CoinDesk was acquired by Bullish late last year. It also reflects Sun’s growing influence. Sun bought $30 million worth of tokens in November through President-elect Trump’s World Free Finance program and has joined the project as an advisor.
We reached out to Farley for comment through various channels but did not receive a response as of press time. Kevin Reynolds, editor-in-chief of CoinDesk, and a spokesperson for Sun did not respond to our requests for comment.
New Owner
Founded in 2013, CoinDesk was put up for sale last year by its original owner, Digital Currency Group. Digital Currency Group spent a long time looking for a buyer and finally sold CoinDesk to Bullish for about $75 million at the end of last year. The Wall Street Journal reported in early 2023 that "multiple buyers" were willing to take over CoinDesk for far more than $200 million, but the final transaction price was obviously far from $200 million.
Bullish is a cryptocurrency exchange similar in nature to Coinbase and Binance, but it lags far behind the former two in market share. Its CEO Farley was once the president of the New York Stock Exchange. Bullish is a company spun off from blockchain company Block.one. Block.one raised more than $4 billion for its blockchain EOS in 2018, but it has never created any enduring products.

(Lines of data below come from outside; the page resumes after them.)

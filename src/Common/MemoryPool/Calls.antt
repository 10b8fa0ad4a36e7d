-- ===== src/Common/MemoryPool/Calls.antt =====
-- A new pool of hft/common/memory_pool.hpp, and any sequence of calls on it.
use hft.Prelude.{
  ℕ, zero, suc, ◌+◌, ◌<◌, ◌≤◌, ◌≡◌, refl, sym, subst, ap, ◌∙◌, true, false, ◌&&◌, Option, List, [],
  ◌∷◌, ltb, leb, ◌==◌, if◌then◌else◌, arith, All,
}
use hft.Prelude.Int.{ℤ}
use hft.Common.MemoryPool.{
  invalid_index, MemoryPool, new_pool, deallocate, Call, get, give_back, call, calls,
}
use hft.Common.MemoryPool.Free.{
  has, Chain, Distinct, IsPool, allocate-Allocated, Deallocated, freed, refused,
  deallocate-Deallocated,
}

-- A new pool has every bin free, in their order.
unfoldable pub up_from : ℕ → ℕ → List ℕ
up_from i zero = []
up_from i (suc n) = i ∷ up_from (suc i) n

up_from-has : (i n j : ℕ) → has j (up_from i n) ≡ (leb i j && ltb j (i + n))
unfolding has up_from
up_from-has i zero j = ground arith
up_from-has i (suc n) j = let ih = up_from-has (suc i) n j in ground (arith, ih)

abbrev first_next : ℕ → ℕ → ℕ
first_next size i = if suc i == size then invalid_index else suc i

up_from-Chain : (size i n : ℕ) → i + suc n ≡ size → Chain (first_next size) i (up_from i (suc n))
unfolding up_from
up_from-Chain size i zero e =
    (refl, (let last : (suc i == size) ≡ true = ground (arith, e) in rw last refl))
up_from-Chain size i (suc n) e = (
  refl,
  (let more : (suc i == size) ≡ false = ground (arith, e) in
      let next : first_next size i ≡ suc i = rw more refl in
      subst (λ t. Chain (first_next size) t (up_from (suc i) (suc n))) (sym next)
        (up_from-Chain size (suc i) n (omega arith))),
)

up_from-All : (size i n : ℕ) → i + n ≤ size → All (λ j. j < size) (up_from i n)
unfolding up_from
up_from-All size i zero h = record {}
up_from-All size i (suc n) h = (omega arith, up_from-All size (suc i) n (omega arith))

up_from-Distinct : (i n : ℕ) → Distinct (up_from i n)
unfolding up_from
up_from-Distinct i zero = record {}
up_from-Distinct i (suc n) = (up_from-has (suc i) n i ∙ ground arith, up_from-Distinct (suc i) n)

pub new_pool-IsPool :
    (bin_bytes n : ℕ)
    → 0 < bin_bytes
    → suc n ≤ invalid_index
    → IsPool (new_pool bin_bytes (suc n)) (up_from 0 (suc n))
unfolding new_pool
new_pool-IsPool bin_bytes n b h = record {
  indices = h;
  bytes = b;
  chain = up_from-Chain (suc n) 0 n (omega arith);
  below = up_from-All (suc n) 0 (suc n) (omega arith);
  distinct = up_from-Distinct 0 (suc n);
  flags = λ i lt. (let e = up_from-has 0 (suc n) i in ground (arith, e, lt));
}

call-IsPool :
    (m : MemoryPool) (fs : List ℕ) (c : Call) → IsPool m fs → (gs : List ℕ) × IsPool (call m c) gs
unfolding call
call-IsPool m [] get p =
    let e = allocate-Allocated m [] p in ([], subst (λ t. IsPool t []) (sym (ap (λ r. r.1) e)) p)
call-IsPool m (i ∷ fs) get p = (fs, (allocate-Allocated m (i ∷ fs) p).3)
call-IsPool m fs (give_back elem) p = given m fs elem p (deallocate-Deallocated m fs elem p)
  where
    given :
        (m : MemoryPool) (fs : List ℕ) (elem : Option ℤ)
        → IsPool m fs
        → Deallocated m fs elem (deallocate m elem)
        → (gs : List ℕ) × IsPool (deallocate m elem).1 gs
    given m fs elem p (freed i e b a r w q) = (i ∷ fs, q)
    given m fs elem p (refused n e) = (fs, subst (λ t. IsPool t fs) (sym (ap (λ r. r.1) e)) p)

all_calls :
    (m : MemoryPool) (fs : List ℕ) (cs : List Call)
    → IsPool m fs
    → (gs : List ℕ) × IsPool (calls m cs) gs
unfolding calls
all_calls m fs [] p = (fs, p)
all_calls m fs (c ∷ cs) p = let (gs, q) = call-IsPool m fs c p in all_calls (call m c) gs cs q

-- After any calls on a new pool that has at least one bin, fewer than the invalid index, and bins of
-- at least one byte, whatever pointers are given back, the free list holds, once each, exactly the
-- bins that are not alive.
pub calls-IsPool :
    (bin_bytes n : ℕ) (cs : List Call)
    → 0 < bin_bytes
    → suc n ≤ invalid_index
    → (fs : List ℕ) × IsPool (calls (new_pool bin_bytes (suc n)) cs) fs
calls-IsPool bin_bytes n cs b h =
    all_calls (new_pool bin_bytes (suc n)) (up_from 0 (suc n)) cs (new_pool-IsPool bin_bytes n b h)
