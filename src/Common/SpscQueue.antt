-- ===== src/Common/SpscQueue.antt =====
-- hft/common/spsc_queue.h: the ring of one producer and one consumer. `head & kMask` is the remainder
-- by the capacity, which is a power of two; positions wrap in 64 bits.
pub mod Index
pub mod Fifo
pub mod Threads
pub mod Order
use hft.Prelude.{
  ℕ, ◌+◌, ◌-◌, ◌%◌, ◌^◌, ◌≡◌, Bool, true, false, List, set, get_or, replicate, ◌==◌, if◌then◌else◌,
}

pub record SpscQueue {ℓ} (A : Type ℓ) : Type ℓ where
  pub buffer : List A
  pub head : ℕ
  pub tail : ℕ

abbrev pub word : ℕ
word = 2 ^ 64

-- `a - b` and `a + 1` in 64 bits
abbrev pub sub_word : ℕ → ℕ → ℕ
sub_word a b = (a + (word - b)) % word

abbrev pub next_word : ℕ → ℕ
next_word a = (a + 1) % word

module _ {ℓ} {A : Type ℓ} (capacity : ℕ) where
  -- `SPSCQueue()`, where every element is the default one
  unfoldable pub empty_queue : A → SpscQueue A
  empty_queue d = record { buffer = replicate capacity d; head = 0; tail = 0 }

  unfoldable pub enqueue : SpscQueue A → A → SpscQueue A × Bool
  enqueue q item = if sub_word q.head q.tail == capacity then (q, false) else (
    record q { buffer = set q.buffer (q.head % capacity) item; head = next_word q.head },
    true,
  )

  -- `item` is what the caller's variable holds before.
  unfoldable pub dequeue : SpscQueue A → A → SpscQueue A × A × Bool
  dequeue q item =
      if q.tail == q.head
      then (q, item, false)
      else (record q { tail = next_word q.tail }, get_or q.buffer (q.tail % capacity) item, true)

  unfoldable pub is_empty : SpscQueue A → Bool
  is_empty q = q.head == q.tail

  unfoldable pub is_full : SpscQueue A → Bool
  is_full q = sub_word q.head q.tail == capacity
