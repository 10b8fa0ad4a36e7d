-- ===== src/Common/SpscQueue/Index.antt =====
-- Positions of the ring: how far apart two are, and which element each stands for.
use native.Mathlib.Nat.{mod-mod_of_dvd}
use Prim.Native.Nat.{◌∣◌}
use hft.Prelude.{ℕ, suc, ◌+◌, ◌%◌, ◌<◌, ◌≡◌, ◌≢◌, arith}
use hft.Common.SpscQueue.{word, sub_word, next_word}

pub apart : (t n : ℕ) → n < word → sub_word ((t + n) % word) (t % word) ≡ n
apart t n h = omega arith

pub next : (t n : ℕ) → next_word ((t + n) % word) ≡ (t + suc n) % word
next t n = omega arith

pub same_element : (c t : ℕ) → c ∣ word → t % word % c ≡ t % c
same_element c t d = mod-mod_of_dvd c t d

pub other_element : (c t i n : ℕ) → i < n → n < i + c → (t + n) % c ≢ (t + i) % c
other_element c t i n h k e = grind arith

pub together : (t n : ℕ) → n < word → t % word ≡ (t + n) % word → n ≡ 0
together t n h e = omega arith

When Bullish acquired CoinDesk, it promised to operate CoinDesk as an independent subsidiary and appointed Matt Murray, former editor-in-chief of the Wall Street Journal, as chairman of the editorial board. Murray also joined The Washington Post as executive editor in June this year, but he still retained his position at CoinDesk, and the editorial board has always been just him. Murray resigned from CoinDesk on Monday, according to people familiar with the matter. Murray also declined to comment on the matter.
Bullish seems confident about profitability in 2025, but it is not clear what role CoinDesk will play in it. Last week, Bullish sent an email informing employees that the company is preparing for an IPO and asked employees to keep the plans strictly confidential (although Fortune still saw the email). CoinDesk editors were also among the recipients of the email.